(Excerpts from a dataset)
☆ ☆ ☆ ☆ ☆

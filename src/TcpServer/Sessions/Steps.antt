-- ===== src/TcpServer/Sessions/Steps.antt =====
-- Each event of a server keeps its objects right.
use learn_for_cpp.Base.{
  ℕ, ◌+◌, ◌≡◌, ◌≢◌, refl, sym, ap, ◌∙◌, subst, inl, inr, true, false, Option, Option-cases,
  Bool-cases, none, some, List, [], ◌∷◌, ◌++◌, arith, put, ◌==◌, if◌then◌else◌, ◌>>=◌,
}
use learn_for_cpp.Buffer.{Readv, failed, got}
use learn_for_cpp.Acceptor
use learn_for_cpp.Acceptor.{Acceptor, Accept, accepted, accept_error}
use learn_for_cpp.TcpConnection
use learn_for_cpp.TcpConnection.{
  Connection, Write, connecting, connect_established, connect_destroyed, handle_read, handle_write,
  handle_close, send,
}
use learn_for_cpp.TcpConnection.Lifecycle.{
  lives, connect_established-lives, handle_close-lives, connect_destroyed-lives,
}
use learn_for_cpp.TcpConnection.Lives.{handle_read-lives}
use learn_for_cpp.TcpServer.{Server, new_connection, hand, accept_event, get_next_loop, Effect}
use learn_for_cpp.TcpServer.Sessions.{
  World, accept, close_event, after_read, read_event, run_queue, do_pending,
}
use learn_for_cpp.TcpServer.Sessions.Inv.{Inv, count, put-Inv, remove_connection-Inv}

-- An object that is there lives.
lives_there : (w : World) (n : ℕ) (c : Connection) → Inv w → w.conns n ≡ some c → lives c ≡ true
lives_there w n c i here = let f = i.each n in ground (arith, f, here)

-- The functions of the queue end the objects that it names, and no others.
run_queue-Inv :
    (q : List ℕ) (w : World)
    → Inv (record w { queue = q })
    → (w' : World) × (run_queue q w ≡ some w')
      × Inv (record w' { queue = [] })
      × (w'.server ≡ w.server)
      × (w'.queue ≡ w.queue)
      × ((m : ℕ) → w'.conns m ≡ (if count m q == 0 then w.conns m else none))
unfolding run_queue
run_queue-Inv [] w i = (w, refl, i, refl, refl, λ m. refl)
run_queue-Inv (n ∷ q) w i = elim (Option-cases (w.conns n)) [
  | inl gone ↦ let f = i.each n in ground (arith, f, gone)
  | inr (c, here) ↦
      let f = i.each n in
      let live : lives c ≡ true = ground (arith, f, here) in
      let (c', r) = connect_destroyed-lives c live in
      let w1 : World = record w { conns = put w.conns n none } in
      let i1 : Inv (record w1 { queue = q }) = record {
        each = λ m. elim (Bool-cases (m == n)) [
          | inl it ↦ let mn : m ≡ n = ground (arith, it) in ground (arith, mn, f, here)
          | inr other ↦ let g = i.each m in ground (arith, other, g)
        ];
        unused = λ m h. let u = i.unused m h in ground (arith, u);
      } in
      let (w', r', i', same, left, each) = run_queue-Inv q w1 i1 in
      (
        w',
        ground (arith, here, r, r'),
        i',
        same,
        left,
        λ m. elim (Bool-cases (m == n)) [
          | inl it ↦ let e = each m in ground (arith, e, it)
          | inr other ↦ let e = each m in ground (arith, e, other)
        ],
      )
]

made-Inv :
    (w : World) (s : Server) (c : Connection) (loop : ℕ)
    → Inv w
    → s.connections ≡ put w.server.connections w.server.next_conn (some loop)
    → s.next_conn ≡ w.server.next_conn + 1
    → lives c ≡ true
    → Inv (record w { server = s; conns = put w.conns w.server.next_conn (some c) })
made-Inv w s c loop i map next live = record {
  each = λ m. elim (Bool-cases (m == w.server.next_conn)) [
    | inl new ↦
        let eq : m ≡ w.server.next_conn = ground (arith, new) in
        let gone = i.unused m (omega (arith, eq)) in
        let f = i.each m in
        let mapped : s.connections m ≡ some loop = ap (λ g. g m) map ∙ rw new refl in
        ground (arith, f, gone, mapped, new, live)
    | inr old ↦
        let f = i.each m in
        let same : s.connections m ≡ w.server.connections m = ap (λ g. g m) map ∙ rw old refl in
        ground (arith, f, same, old)
  ];
  unused = λ m h.
      let gone = i.unused m (omega (arith, h, next)) in
      let other : (m == w.server.next_conn) ≡ false = ground (arith, h, next) in
      ground (arith, gone, other);
}

pub accept-Inv : (w w' : World) (r : Accept) → Inv w → accept w r ≡ some w' → Inv w'
unfolding accept accept_event hand new_connection Acceptor.handle_read
accept-Inv w w' (accept_error errno) i e = let same : w ≡ w' = ground (arith, e) in subst Inv same i
accept-Inv w w' (accepted fd) i e = elim (Bool-cases w.server.acceptor.has_callback) [
  | inr unset ↦
      let after : World = record w {
        server = record (w.server) {
          acceptor = record (w.server.acceptor) { closed = fd ∷ w.server.acceptor.closed };
        };
      } in
      let same : after ≡ w' = ground (arith, e, unset) in
      let inv : Inv after = record { each = i.each; unused = i.unused } in subst Inv same inv
  | inl set ↦ elim (Option-cases (get_next_loop w.server.pool)) [
    | inl lost ↦ ground (arith, e, set, lost)
    | inr ((loop, pool), next) ↦
        let (c, made, live) =
          connect_established-lives (TcpConnection.new_connection fd)
            (unfold TcpConnection.new_connection in refl) in
        let s : Server = record (w.server) {
          next_conn = w.server.next_conn + 1;
          pool = pool;
          connections = put w.server.connections w.server.next_conn (some loop);
          sockets = w.server.sockets ++ (fd ∷ []);
          effects = Effect.establish w.server.next_conn ∷ w.server.effects;
        } in
        let after : World = record w {
          server = s;
          conns = put w.conns w.server.next_conn (some c);
        } in
        let same : after ≡ w' = ground (arith, e, set, next, made) in
        subst Inv same (made-Inv w s c loop i refl refl live)
  ]
]

-- A live object in the map is closed without a fault.
pub close_lem :
    (w : World) (n loop : ℕ)
    → Inv w
    → w.server.connections n ≡ some loop
    → (w' : World) × (close_event w n ≡ some w')
      × (w'.server.connections ≡ put w.server.connections n none)
      × (w'.queue ≡ w.queue ++ (n ∷ []))
      × ((m : ℕ) → m ≢ n → w'.conns m ≡ w.conns m)
      × Inv w'
unfolding close_event
close_lem w n loop i there = elim (Option-cases (w.conns n)) [
  | inl gone ↦ let f = i.each n in ground (arith, f, gone, there)
  | inr (c, here) ↦
      let (c', r, live) = handle_close-lives c (lives_there w n c i here) in
      let (w', r', map, conns, queue, i') = remove_connection-Inv w n loop c c' i there here live in
      (
        w',
        ground (arith, here, r, r'),
        map,
        queue,
        λ m other.
            let away : (m == n) ≡ false = ground (arith, other) in
            ap (λ f. f m) conns ∙ rw away refl,
        i',
      )
]

pub read-Inv :
    (w w' : World) (n loop : ℕ) (r : Readv)
    → Inv w
    → w.server.connections n ≡ some loop
    → read_event w n r ≡ some w'
    → Inv w'
unfolding read_event
read-Inv w w' n loop r i there e = elim (Option-cases (w.conns n)) [
  | inl gone ↦ ground (arith, e, gone)
  | inr (c, here) ↦ elim (Option-cases (handle_read c r)) [
    | inl stuck ↦ ground (arith, e, here, stuck)
    | inr (c', done) ↦
        let live = handle_read-lives c c' r (lives_there w n c i here) done in
        let rest : after_read w n c' r ≡ some w' = ground (arith, e, here, done) in
        go r c c' live here rest
  ]
]
  where
    go :
        (r : Readv) (c c' : Connection)
        → lives c' ≡ true
        → w.conns n ≡ some c
        → after_read w n c' r ≡ some w'
        → Inv w'
    go (failed errno) c c' live here rest =
        let same : record w { conns = put w.conns n (some c') } ≡ w' = ground (arith, rest) in
        subst Inv same (put-Inv w n c c' i here live)
    go (got []) c c' live here rest =
        let (v, r', _, _, _, i') = remove_connection-Inv w n loop c c' i there here live in
        let same : v ≡ w' = ground (arith, rest, r') in subst Inv same i'
    go (got (x ∷ xs)) c c' live here rest =
        let same : record w { conns = put w.conns n (some c') } ≡ w' = ground (arith, rest) in
        subst Inv same (put-Inv w n c c' i here live)

-- A handler that leaves the object alive.
abbrev on_object : World → ℕ → (Connection → Option Connection) → Option World
on_object w n f = do c ← w.conns n; c' ← f c; some (record w { conns = put w.conns n (some c') })

pub on_object-Inv :
    (w w' : World) (n : ℕ) (f : Connection → Option Connection)
    → ((c c' : Connection) → lives c ≡ true → f c ≡ some c' → lives c' ≡ true)
    → Inv w
    → on_object w n f ≡ some w'
    → Inv w'
on_object-Inv w w' n f keeps i e = elim (Option-cases (w.conns n)) [
  | inl gone ↦ ground (arith, e, gone)
  | inr (c, here) ↦ elim (Option-cases (f c)) [
    | inl stuck ↦ ground (arith, e, here, stuck)
    | inr (c', done) ↦
        let live = keeps c c' (lives_there w n c i here) done in
        let same : record w { conns = put w.conns n (some c') } ≡ w' =
          ground (arith, e, here, done) in
        subst Inv same (put-Inv w n c c' i here live)
  ]
]

pub pend_lem :
    (w : World)
    → Inv w
    → (w' : World) × (do_pending w ≡ some w')
      × Inv w'
      × (w'.server ≡ w.server)
      × (w'.queue ≡ [])
      × ((m : ℕ) → w'.conns m ≡ (if count m w.queue == 0 then w.conns m else none))
unfolding do_pending
pend_lem w i =
    let (w', r, i', same, empty, each) = run_queue-Inv w.queue (record w { queue = [] }) i in
    let whole : record w' { queue = [] } ≡ w' = ap (λ q. record w' { queue = q }) (sym empty) in
    (w', r, subst Inv whole i', same, empty, each)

☆ ☆ ☆ ☆ ☆

Exercise instructions
Filter the entries above and copy only the lines that hold "omega".

Task solution
        let gone = i.unused m (omega (arith, eq)) in
      let gone = i.unused m (omega (arith, h, next)) in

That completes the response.